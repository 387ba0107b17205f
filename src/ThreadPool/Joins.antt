-- ===== src/ThreadPool/Joins.antt =====
-- `quit` and `wait_for_job_finish` of RPC_util/ThreadPool.hpp as a thread beside the workers and the clients.
use cpp_rpc.Prelude.{
  ℕ, zero, suc, ◌≡◌, ◌⊎◌, refl, sym, ap, ◌∙◌, inl, inr, true, Bool-cases, none, some, Option-cases,
  List, [], ◌∷◌, arith, get_elem?, length, ◌==◌, replicate,
}
use mathlib.Core.Path.{subst}
use mathlib.Core.Option.{some-injective}
use cpp_rpc.ThreadPool.{
  Pc, exited, Pool, Event, step, QuitPc, clearing, exiting, polling, returned, notifying, joining,
  is_exited, quit_step,
}
use cpp_rpc.ThreadPool.Joined.{Joined, get_elem?-none, step-Joined, step-length}

-- a step of a worker or of a client, or of the thread that quits
pub data Act (A : Type 0) : Type 0 where
  others : Event A → Act A
  quits : Act A

module _ {A : Type 0} where
  unfoldable pub act : Act A → Pool A × QuitPc → Pool A × QuitPc
  act (others e) (p, pc) = (step p e, pc)
  act quits (p, pc) = elim (quit_step p pc) [ none ↦ (p, pc) | some q ↦ q ]

  unfoldable pub run_quit : List (Act A) → Pool A × QuitPc → Pool A × QuitPc
  run_quit [] q = q
  run_quit (a ∷ acts) q = run_quit acts (act a q)

  -- what the thread that quits knows
  pub Quits : QuitPc → List (Pc A) → Type 0
  Quits (joining i) ws = Joined i ws
  Quits returned ws = Joined (length ws) ws
  Quits pc ws = Unit {0}

  step-Quits :
      (pc : QuitPc) (p : Pool A) (e : Event A) → Quits pc p.workers → Quits pc (step p e).workers
  unfolding Quits Joined
  step-Quits (joining i) p e q = step-Joined i p e q
  step-Quits returned p e q = rw (step-length p e) (step-Joined (length p.workers) p e q)
  step-Quits clearing p e q = tt
  step-Quits exiting p e q = tt
  step-Quits polling p e q = tt
  step-Quits (notifying k) p e q = tt

  exited_lem : (pc : Pc A) → is_exited pc ≡ true → pc ≡ exited
  unfolding is_exited
  exited_lem exited x = refl
  exited_lem pc x = absurd (ground (arith, x))

  joins_next :
      (p : Pool A) (i : ℕ) (pc : Pc A)
      → get_elem? p.workers i ≡ some pc
      → is_exited pc ≡ true
      → Joined i p.workers
      → Joined (suc i) p.workers
  unfolding Joined
  joins_next p i pc e x q j below = elim (Bool-cases (j == i)) [
    | inl same ↦ let eq : j ≡ i = ground arith in rw eq (e ∙ ap some (exited_lem pc x))
    | inr other ↦ q j (ground arith)
  ]

  quit_step-Quits :
      (pc : QuitPc) (p : Pool A)
      → Quits pc p.workers
      → Quits (act quits (p, pc)).1 (act quits (p, pc)).0.workers
  unfolding act quit_step Quits Joined step
  quit_step-Quits clearing p q = tt
  quit_step-Quits exiting p q = tt
  quit_step-Quits polling p q = elim (Bool-cases (p.shared.running == 0)) [
    | inl e ↦ rw e tt
    | inr e ↦ rw e tt
  ]
  quit_step-Quits (notifying zero) p q = λ i below. absurd (omega arith)
  quit_step-Quits (notifying (suc k)) p q = tt
  quit_step-Quits (joining i) p q = elim (Option-cases (get_elem? p.workers i)) [
    | inl e ↦ rw (act, quit_step, e) (λ j below. q j (omega (arith, get_elem?-none p.workers i e)))
    | inr (pc, e) ↦ elim (Bool-cases (is_exited pc)) [
      | inl x ↦ rw (act, quit_step, e) (rw x (joins_next p i pc e x q))
      | inr x ↦ rw (act, quit_step, e) (rw x q)
    ]
  ]
  quit_step-Quits returned p q = q

  run_quit-Quits :
      (acts : List (Act A)) (p : Pool A) (pc : QuitPc)
      → Quits pc p.workers
      → Quits (run_quit acts (p, pc)).1 (run_quit acts (p, pc)).0.workers
  unfolding run_quit act
  run_quit-Quits [] p pc q = q
  run_quit-Quits (others e ∷ acts) p pc q = run_quit-Quits acts (step p e) pc (step-Quits pc p e q)
  run_quit-Quits (quits ∷ acts) p pc q =
      run_quit-Quits acts (act quits (p, pc)).0 (act quits (p, pc)).1 (quit_step-Quits pc p q)

  quit_step-length :
      (pc : QuitPc) (p : Pool A) → length (act quits (p, pc)).0.workers ≡ length p.workers
  unfolding act quit_step step
  quit_step-length clearing p = refl
  quit_step-length exiting p = refl
  quit_step-length polling p = refl
  quit_step-length (notifying zero) p = refl
  quit_step-length (notifying (suc k)) p = refl
  quit_step-length (joining i) p = elim (Option-cases (get_elem? p.workers i)) [
    | inl e ↦ rw (act, quit_step, e) refl
    | inr (pc, e) ↦ elim (Bool-cases (is_exited pc)) [
      | inl x ↦ rw (act, quit_step, e) (rw x refl)
      | inr x ↦ rw (act, quit_step, e) (rw x refl)
    ]
  ]
  quit_step-length returned p = refl

  run_quit-length :
      (acts : List (Act A)) (p : Pool A) (pc : QuitPc)
      → length (run_quit acts (p, pc)).0.workers ≡ length p.workers
  unfolding run_quit act
  run_quit-length [] p pc = refl
  run_quit-length (others e ∷ acts) p pc = run_quit-length acts (step p e) pc ∙ step-length p e
  run_quit-length (quits ∷ acts) p pc =
      run_quit-length acts (act quits (p, pc)).0 (act quits (p, pc)).1 ∙ quit_step-length pc p

  Joined-eq-replicate :
      (ws : List (Pc A)) → Joined (length ws) ws → ws ≡ replicate (length ws) exited
  unfolding Joined
  Joined-eq-replicate [] j = refl
  Joined-eq-replicate (w ∷ ws) j =
      let first : w ≡ exited = some-injective w exited (j 0 (omega arith)) in
      let rest = Joined-eq-replicate ws (λ i below. j (suc i) (omega arith)) in
      ap (λ v. v ∷ ws) first ∙ ap (◌∷◌ exited) rest

  -- When `quit` or `wait_for_job_finish` has returned, every worker has returned from `do_work`, however the
  -- threads were interleaved and whatever clients did meanwhile.
  pub quit_joins :
      (acts : List (Act A)) (p p' : Pool A) (pc : QuitPc)
      → (pc ≡ clearing) ⊎ (pc ≡ exiting)
      → run_quit acts (p, pc) ≡ (p', returned)
      → p'.workers ≡ replicate (length p.workers) exited
  unfolding Quits
  quit_joins acts p p' pc start ends =
      let from : Quits pc p.workers = elim start [ inl c ↦ rw c tt | inr c ↦ rw c tt ] in
      let all : Joined (length p'.workers) p'.workers =
        subst (λ (q : Pool A × QuitPc). Quits q.1 q.0.workers) ends
          (run_quit-Quits acts p pc from) in
      let size : length p'.workers ≡ length p.workers =
        ap (λ (q : Pool A × QuitPc). length q.0.workers) (sym ends) ∙ run_quit-length acts p pc in
      Joined-eq-replicate p'.workers all ∙ ap (λ n. replicate n exited) size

WHAT THE TASK ASKS: Where a line above contains the word "first", show that line.

RESULT OF THIS EXERCISE:
      let first : w ≡ exited = some-injective w exited (j 0 (omega arith)) in
      ap (λ v. v ∷ ws) first ∙ ap (◌∷◌ exited) rest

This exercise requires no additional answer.